----- DATA TO PROCESS -----
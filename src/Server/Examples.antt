-- ===== src/Server/Examples.antt =====
-- internal/server: the theorems at concrete requests, with a cryptography of constants.
use capd.Prelude.{String, true, false, none, some, List, [], ◌∷◌, ok, ◌≡◌, refl, ◌⊎◌, ◌↔◌, All}
use capd.Security.Token.{Crypto}
use capd.Server.Scopes.{WsClient, Request, handle_all, one_of}
use capd.Server.Access.{Allowed, GreetsFirst, handle_all-GreetsFirst-Allowed}
use capd.Server.Auth.{
  Strings, HttpRequest, AuthInfo, bearer_token, request_token, authorized, authorized_bearer_for,
}
use capd.Server.Vouched.{Vouched, authorized-Vouched, authorized_bearer_for-Signed}
use capd.Server.Policy.{Platform, TaskSendParams, validate_task_send}
use capd.Server.Refusals.{FineTask, validate_task_send-FineTask}

abbrev reader : WsClient
reader = record { initialized = false; scope = "console:read" }

abbrev asked : String → Request
asked method = record { method = method; decodes = true; version = "0.1" }

abbrev requests : List Request
requests = asked "session/list" ∷ asked "initialize" ∷ asked "session/list" ∷ asked "task/send" ∷ []

handle_all-GreetsFirst-Allowed_example :
    GreetsFirst requests (handle_all reader requests)
    × All (Allowed "console:read") (handle_all reader requests)
handle_all-GreetsFirst-Allowed_example = handle_all-GreetsFirst-Allowed reader requests refl

abbrev crypto : Crypto
crypto = record {
  encode = λ s. s;
  decode = some;
  sign = λ root payload. "s";
  format_int = λ n. "5";
  parse_int = λ s. some 5;
  trim = λ s. s;
}

abbrev strings : Strings
strings = record { strip_prefix = λ prefix s. some s; split_comma = λ s. s ∷ [] }

abbrev handshake : HttpRequest
handshake = record { query_token = ""; authorization = "capd1.console.5.s"; subprotocols = [] }

abbrev console_info : AuthInfo
console_info = record { scope = "console"; subprotocol = "" }

grants : authorized strings crypto "root" 1000000000 handshake ≡ some console_info
unfolding authorized
grants = refl

authorized-Vouched_example :
    Vouched crypto "root" 1000000000 (request_token strings crypto handshake).0 "console"
    × ((request_token strings crypto handshake).1 ≡ "")
authorized-Vouched_example =
    authorized-Vouched strings crypto "root" 1000000000 handshake console_info grants

passes : authorized_bearer_for strings crypto "root" 1000000000 ("console" ∷ []) handshake ≡ true
unfolding authorized_bearer_for
passes = refl

authorized_bearer_for-Signed_example :
    (scope : String) × (((bearer_token strings crypto handshake ≡ "root")
        ⊎ (one_of scope ("console" ∷ []) ≡ true))
      × Vouched crypto "root" 1000000000 (bearer_token strings crypto handshake) scope)
authorized_bearer_for-Signed_example =
    authorized_bearer_for-Signed strings crypto "root" 1000000000 ("console" ∷ []) handshake passes

abbrev unix : Platform
unix = record {
  trim = λ s. s;
  is_abs = λ s. true;
  abs = some;
  clean = λ s. s;
  windows = false;
  volume_root = λ s. s;
  parse_url = λ s. none;
}

abbrev picture : TaskSendParams
picture = record {
  session_id = "s_1";
  prompt = "";
  attachments = record { type = "image"; path = "/tmp/a.png"; url = "" } ∷ [];
}

validate_task_send-FineTask_example :
    (validate_task_send unix picture ≡ ok tt) ↔ FineTask unix picture
validate_task_send-FineTask_example = validate_task_send-FineTask unix picture
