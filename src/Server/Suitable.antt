-- ===== src/Server/Suitable.antt =====
-- internal/server/agent_router.go: which agents a request may be routed to and how they rank, described
-- apart from the code, and that the tests and the score of the code are this.
use capd.Prelude.{
  ℕ, suc, ◌+◌, String, Bool, true, false, Option, none, some, List, [], ◌∷◌, str_eq, if◌then◌else◌,
  ℤ, pos, difference, ◌≡◌, ◌⊎◌, ltz, All,
}
use capd.Protocol.{AgentCapabilities, AgentInfo}
use capd.Server.Capabilities.{AgentRouteParams}

-- A capability that is asked for, or that something in the request asks for, is there.
abbrev pub Asked : Bool → Bool → Type 0
Asked want got = (want ≡ false) ⊎ (got ≡ true)

abbrev pub Meets : Type 0 → Bool → Bool → Type 0
Meets Absent want got = (Absent × (want ≡ false)) ⊎ (got ≡ true)

-- An available agent with each capability that the request asks for: a model, an effort and attachments
-- ask for those, and an account for usage and resuming, and for Codex.
pub record Suitable (params : AgentRouteParams) (agent : AgentInfo) : Type 0 where
  pub available : agent.available ≡ true
  pub codex : (params.account_id ≡ "") ⊎ (agent.id ≡ "codex")
  pub model : Meets (params.model ≡ "") params.capabilities.model agent.capabilities.model
  pub effort : Meets (params.effort ≡ "") params.capabilities.effort agent.capabilities.effort
  pub streaming : Asked params.capabilities.streaming agent.capabilities.streaming
  pub approvals : Asked params.capabilities.approvals agent.capabilities.approvals
  pub steer : Asked params.capabilities.steer agent.capabilities.steer
  pub fork : Asked params.capabilities.fork agent.capabilities.fork
  pub rollback : Asked params.capabilities.rollback agent.capabilities.rollback
  pub review : Asked params.capabilities.review agent.capabilities.review
  pub images : Meets (params.attachments ≡ []) params.capabilities.images agent.capabilities.images
  pub usage : Meets (params.account_id ≡ "") params.capabilities.usage agent.capabilities.usage
  pub resume : Meets (params.account_id ≡ "") params.capabilities.resume agent.capabilities.resume

abbrev flag : Bool → ℕ
flag b = if b then 1 else 0

-- One point for each capability, and 1000 less its place for one of the names in order.
abbrev pub points : AgentCapabilities → ℕ
points c =
    flag c.model
    + flag c.effort
    + flag c.streaming
    + flag c.approvals
    + flag c.steer
    + flag c.fork
    + flag c.rollback
    + flag c.review
    + flag c.images
    + flag c.usage
    + flag c.resume

unfoldable pub rank_from : String → ℕ → ℕ → List String → ℤ
rank_from name gained place [] = pos gained
rank_from name gained place (x ∷ names) =
    let later = rank_from name gained (suc place) names in
    if str_eq x name then difference (gained + 1000) place else later

abbrev pub or_usual : List String → List String
or_usual [] = "codex" ∷ "claude-code" ∷ "opencode" ∷ "gemini" ∷ "cursor-agent" ∷ []
or_usual (x ∷ names) = x ∷ names

abbrev pub rank : AgentRouteParams → AgentInfo → ℤ
rank params agent =
    rank_from agent.id (points agent.capabilities) 0
      (if str_eq params.account_id "" then or_usual params.prefer else "codex" ∷ [])

abbrev pub Among : AgentInfo → List AgentInfo → Type 0
Among agent [] = ⊥
Among agent (x ∷ agents) = (agent ≡ x) ⊎ Among agent agents

-- Of one that ranks highest: an agent is not suitable, or does not rank above it.
abbrev pub NotBetter : AgentRouteParams → AgentInfo → AgentInfo → Type 0
NotBetter params best agent =
    ¬ Suitable params agent ⊎ (ltz (rank params best) (rank params agent) ≡ false)

-- The answer to a list of agents: none is suitable, or a suitable one of them that ranks highest.
abbrev pub Choice : AgentRouteParams → List AgentInfo → Option AgentInfo → Type 0
Choice params agents none = All (λ agent. ¬ Suitable params agent) agents
Choice params agents (some best) =
    Among best agents × Suitable params best × All (NotBetter params best) agents
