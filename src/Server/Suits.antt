-- ===== src/Server/Suits.antt =====
-- internal/server/agent_router.go: the tests and the score of the code are those that the request asks
-- for.
use capd.Prelude.{
  ℕ, suc, ◌+◌, String, Bool, true, false, not, ◌&&◌, ◌||◌, Option, none, some, List, [], ◌∷◌,
  str_eq, if◌then◌else◌, ℤ, pos, difference, ◌≡◌, refl, sym, ap, subst, ◌∙◌, ◌⊎◌, inl, inr, arith,
  eq_iff, Bool-cases, ltz, All-map,
}
use capd.Protocol.{AgentCapabilities, AgentInfo}
use capd.Security.Minting.{str_eq-≡}
use capd.Account.Routing.{Floats}
use capd.Server.Capabilities.{
  AgentRouteParams, is_empty, has_capabilities, route_requirements, count_capabilities, index_of,
  scored, route_score, default_route_preference,
}
use capd.Server.Candidate.{is_candidate, AgentOf, AgentChoice}
use capd.Server.Routing.{RouteReads}
use capd.Server.RouteAgent.{needed, preference}
use capd.Server.Suitable.{Asked, Meets, Suitable, points, rank_from, or_usual, rank, Among, Choice}

both : (a b : Bool) → (a && b) ≡ true → (a ≡ true) × (b ≡ true)
both true b h = (refl, h)
both false b h = absurd (ground (arith, h))

join_both : (a b : Bool) → a ≡ true → b ≡ true → (a && b) ≡ true
join_both a b h k = rw (h, k) refl

or_right : (a b : Bool) → b ≡ true → (a || b) ≡ true
or_right true b h = refl
or_right false b h = h

to-Asked : (want got : Bool) → (not want || got) ≡ true → Asked want got
to-Asked true got h = inr h
to-Asked false got h = inl refl

from-Asked : (want got : Bool) → Asked want got → (not want || got) ≡ true
from-Asked want got (inl h) = rw h refl
from-Asked want got (inr h) = or_right (not want) got h

to-Meets :
    (P : Type 0) (absent want got : Bool)
    → (absent ≡ true → P)
    → (not (not absent || want) || got) ≡ true
    → Meets P want got
to-Meets P true false got f h = inl (f refl, refl)
to-Meets P true true got f h = inr h
to-Meets P false want got f h = inr h

from-Meets :
    (P : Type 0) (absent want got : Bool)
    → (P → absent ≡ true)
    → Meets P want got
    → (not (not absent || want) || got) ≡ true
from-Meets P absent want got f (inl (p, h)) = rw (f p, h) refl
from-Meets P absent want got f (inr h) = or_right (not (not absent || want)) got h

to_named : (s t : String) → s ≡ t → str_eq s t ≡ true
to_named s t h = let (_, from) = eq_iff s t in from h

to_none : {A : Type 0} (xs : List A) → is_empty xs ≡ true → xs ≡ []
to_none [] h = refl
to_none (x ∷ xs) h = absurd (ground (arith, h))

from_none : {A : Type 0} (xs : List A) → xs ≡ [] → is_empty xs ≡ true
from_none xs h = ap is_empty h

-- What a request needs, an account included.
abbrev asked : AgentRouteParams → AgentCapabilities
asked params =
    let wants = params.capabilities in
    record wants {
      model = not (str_eq params.model "") || wants.model;
      effort = not (str_eq params.effort "") || wants.effort;
      images = not (is_empty params.attachments) || wants.images;
      usage = not (str_eq params.account_id "") || wants.usage;
      resume = not (str_eq params.account_id "") || wants.resume;
    }

asked_with :
    (required : AgentCapabilities) (blank : Bool)
    → (if blank then required else record required { usage = true; resume = true })
      ≡ record required {
        usage = not blank || required.usage;
        resume = not blank || required.resume;
      }
asked_with required true = refl
asked_with required false = refl

capable-Suitable :
    (params : AgentRouteParams) (agent : AgentInfo)
    → agent.available ≡ true
    → ((params.account_id ≡ "") ⊎ (agent.id ≡ "codex"))
    → has_capabilities agent.capabilities (asked params) ≡ true
    → Suitable params agent
unfolding has_capabilities
capable-Suitable params agent up codex h0 =
    let got = agent.capabilities in
    let (model, h1) = both _ _ h0 in
    let (effort, h2) = both _ _ h1 in
    let (streaming, h3) = both _ _ h2 in
    let (approvals, h4) = both _ _ h3 in
    let (steer, h5) = both _ _ h4 in
    let (fork, h6) = both _ _ h5 in
    let (rollback, h7) = both _ _ h6 in
    let (review, h8) = both _ _ h7 in
    let (images, h9) = both _ _ h8 in
    let (usage, resume) = both _ _ h9 in
    record {
      available = up;
      codex = codex;
      model = to-Meets _ _ _ got.model (str_eq-≡ params.model "") model;
      effort = to-Meets _ _ _ got.effort (str_eq-≡ params.effort "") effort;
      streaming = to-Asked _ _ streaming;
      approvals = to-Asked _ _ approvals;
      steer = to-Asked _ _ steer;
      fork = to-Asked _ _ fork;
      rollback = to-Asked _ _ rollback;
      review = to-Asked _ _ review;
      images = to-Meets _ _ _ got.images (to_none params.attachments) images;
      usage = to-Meets _ _ _ got.usage (str_eq-≡ params.account_id "") usage;
      resume = to-Meets _ _ _ got.resume (str_eq-≡ params.account_id "") resume;
    }

Suitable-capable :
    (params : AgentRouteParams) (agent : AgentInfo)
    → Suitable params agent
    → has_capabilities agent.capabilities (asked params) ≡ true
unfolding has_capabilities
Suitable-capable params agent h =
    join_both _ _ (from-Meets _ _ _ _ (to_named params.model "") h.model) (
      join_both _ _ (from-Meets _ _ _ _ (to_named params.effort "") h.effort) (
        join_both _ _ (from-Asked _ _ h.streaming) (
          join_both _ _ (from-Asked _ _ h.approvals) (
            join_both _ _ (from-Asked _ _ h.steer) (
              join_both _ _ (from-Asked _ _ h.fork) (
                join_both _ _ (from-Asked _ _ h.rollback) (
                  join_both _ _ (from-Asked _ _ h.review) (
                    join_both _ _ (from-Meets _ _ _ _ (from_none params.attachments) h.images) (
                      join_both _ _ (from-Meets _ _ _ _ (to_named params.account_id "") h.usage)
                        (from-Meets _ _ _ _ (to_named params.account_id "") h.resume))))))))))

not-codex :
    (named is_codex : Bool)
    → not (not named && not is_codex) ≡ true
    → (named ≡ true) ⊎ (is_codex ≡ true)
not-codex true b h = inl refl
not-codex false true h = inr refl
not-codex false false h = absurd (ground (arith, h))

codex-not :
    (named is_codex : Bool)
    → (named ≡ true) ⊎ (is_codex ≡ true)
    → not (not named && not is_codex) ≡ true
codex-not named is_codex (inl h) = rw h refl
codex-not true is_codex (inr h) = refl
codex-not false is_codex (inr h) = rw h refl

-- Where the index of a name puts it.
abbrev placed : ℕ → ℕ → Option ℕ → ℤ
placed gained place none = pos gained
placed gained place (some i) = difference (gained + 1000) (place + i)

placed_later :
    (gained place : ℕ) (rest : Option ℕ)
    → placed gained (suc place) rest
      ≡ placed gained place (elim rest [ none ↦ none | some i ↦ some (suc i) ])
placed_later gained place none = refl
placed_later gained place (some i) = ap (difference (gained + 1000)) (omega arith)

rank_from-placed :
    (name : String) (gained place : ℕ) (names : List String)
    → rank_from name gained place names ≡ placed gained place (index_of name names)
unfolding rank_from index_of
rank_from-placed name gained place [] = refl
rank_from-placed name gained place (x ∷ names) = elim (Bool-cases (str_eq x name)) [
  | inl e ↦ rw e (ap (difference (gained + 1000)) (omega arith))
  | inr e ↦ rw e (
      rank_from-placed name gained (suc place) names
      ∙ placed_later gained place (index_of name names))
]

placed_first : (gained : ℕ) (o : Option ℕ) → placed gained 0 o ≡ scored gained o
placed_first gained none = refl
placed_first gained (some i) = ap (difference (gained + 1000)) (omega arith)

points-count_capabilities : (c : AgentCapabilities) → points c ≡ count_capabilities c
unfolding count_capabilities
points-count_capabilities c = omega arith

or_usual-≡ :
    (prefer : List String)
    → or_usual prefer ≡ (if is_empty prefer then default_route_preference else prefer)
or_usual-≡ [] = refl
or_usual-≡ (x ∷ names) = refl

order-≡ :
    (blank : Bool) (prefer : List String)
    → (if blank then or_usual prefer else "codex" ∷ []) ≡ (
        if not blank
        then "codex" ∷ []
        else if is_empty prefer
        then default_route_preference
        else prefer)
order-≡ true prefer = or_usual-≡ prefer
order-≡ false prefer = refl

module _ {F : Type 0} (fl : Floats F) (fold lower : String → String) (percent : F → String)
    (reads : RouteReads) (params : AgentRouteParams) (agent : AgentInfo) where
  needed-≡ : needed fl fold lower percent reads params ≡ asked params
  unfolding route_requirements
  needed-≡ = asked_with (route_requirements params) (str_eq params.account_id "")

  pub suits-Suitable :
      is_candidate
          (not (str_eq params.account_id ""))
          (needed fl fold lower percent reads params)
          agent
        ≡ true
      → Suitable params agent
  suits-Suitable h =
      let (codex, able) = both _ _ h in
      let (up, capable) = both _ _ able in
      capable-Suitable params agent up
        (elim (not-codex (str_eq params.account_id "") (str_eq agent.id "codex") codex) [
          | inl e ↦ inl (str_eq-≡ params.account_id "" e)
          | inr e ↦ inr (str_eq-≡ agent.id "codex" e)
        ])
        (subst (λ c. has_capabilities agent.capabilities c ≡ true) needed-≡ capable)

  pub Suitable-suits :
      Suitable params agent
      → is_candidate
          (not (str_eq params.account_id ""))
          (needed fl fold lower percent reads params)
          agent
        ≡ true
  Suitable-suits h =
      join_both _ _
        (codex-not (str_eq params.account_id "") (str_eq agent.id "codex") (elim (h.codex) [
          | inl e ↦ inl (to_named params.account_id "" e)
          | inr e ↦ inr (to_named agent.id "codex" e)
        ]))
        (join_both _ _ h.available (
          subst (λ c. has_capabilities agent.capabilities c ≡ true) (sym needed-≡)
            (Suitable-capable params agent h)))

  pub rank-≡ : rank params agent ≡ route_score agent (preference fl fold lower percent reads params)
  unfolding route_score
  rank-≡ =
      ap (rank_from agent.id (points agent.capabilities) 0)
        (order-≡ (str_eq params.account_id "") params.prefer)
      ∙ rank_from-placed agent.id (points agent.capabilities) 0
          (preference fl fold lower percent reads params)
      ∙ placed_first (points agent.capabilities)
          (index_of agent.id (preference fl fold lower percent reads params))
      ∙ ap (λ n. scored n (index_of agent.id (preference fl fold lower percent reads params)))
          (points-count_capabilities agent.capabilities)

module _ (s : AgentInfo → Bool) (v : AgentInfo → ℤ) where
  AgentOf-Among :
      (agent : AgentInfo) (agents : List AgentInfo) → AgentOf s v agent agents → Among agent agents
  AgentOf-Among agent [] h = h
  AgentOf-Among agent (x ∷ agents) (inl e) = inl e
  AgentOf-Among agent (x ∷ agents) (inr h) = inr (AgentOf-Among agent agents h)

  -- A choice by a test and a score that are those of the request.
  pub AgentChoice-Choice :
      (params : AgentRouteParams)
      → ((agent : AgentInfo) → s agent ≡ true → Suitable params agent)
      → ((agent : AgentInfo) → Suitable params agent → s agent ≡ true)
      → ((agent : AgentInfo) → rank params agent ≡ v agent)
      → (agents : List AgentInfo) (found : Option AgentInfo) → AgentChoice s v agents found
      → Choice params agents found
  AgentChoice-Choice params to from same agents none h =
      All-map (λ agent e k. absurd (ground (arith, e, from agent k))) agents h
  AgentChoice-Choice params to from same agents (some best) (k, fits, highest) = (
    AgentOf-Among best agents k,
    to best fits,
    All-map
        (λ agent above. elim above [
          | inl e ↦ inl (λ h. absurd (ground (arith, e, from agent h)))
          | inr e ↦
              inr (
                ap (λ x. ltz x (rank params agent)) (same best)
                ∙ ap (ltz (v best)) (same agent)
                ∙ e)
        ])
        agents highest,
  )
-----
PROBLEM |
Copy out all the lines of the records that include "module".

OUTPUT |
module _ {F : Type 0} (fl : Floats F) (fold lower : String → String) (percent : F → String)
module _ (s : AgentInfo → Bool) (v : AgentInfo → ℤ) where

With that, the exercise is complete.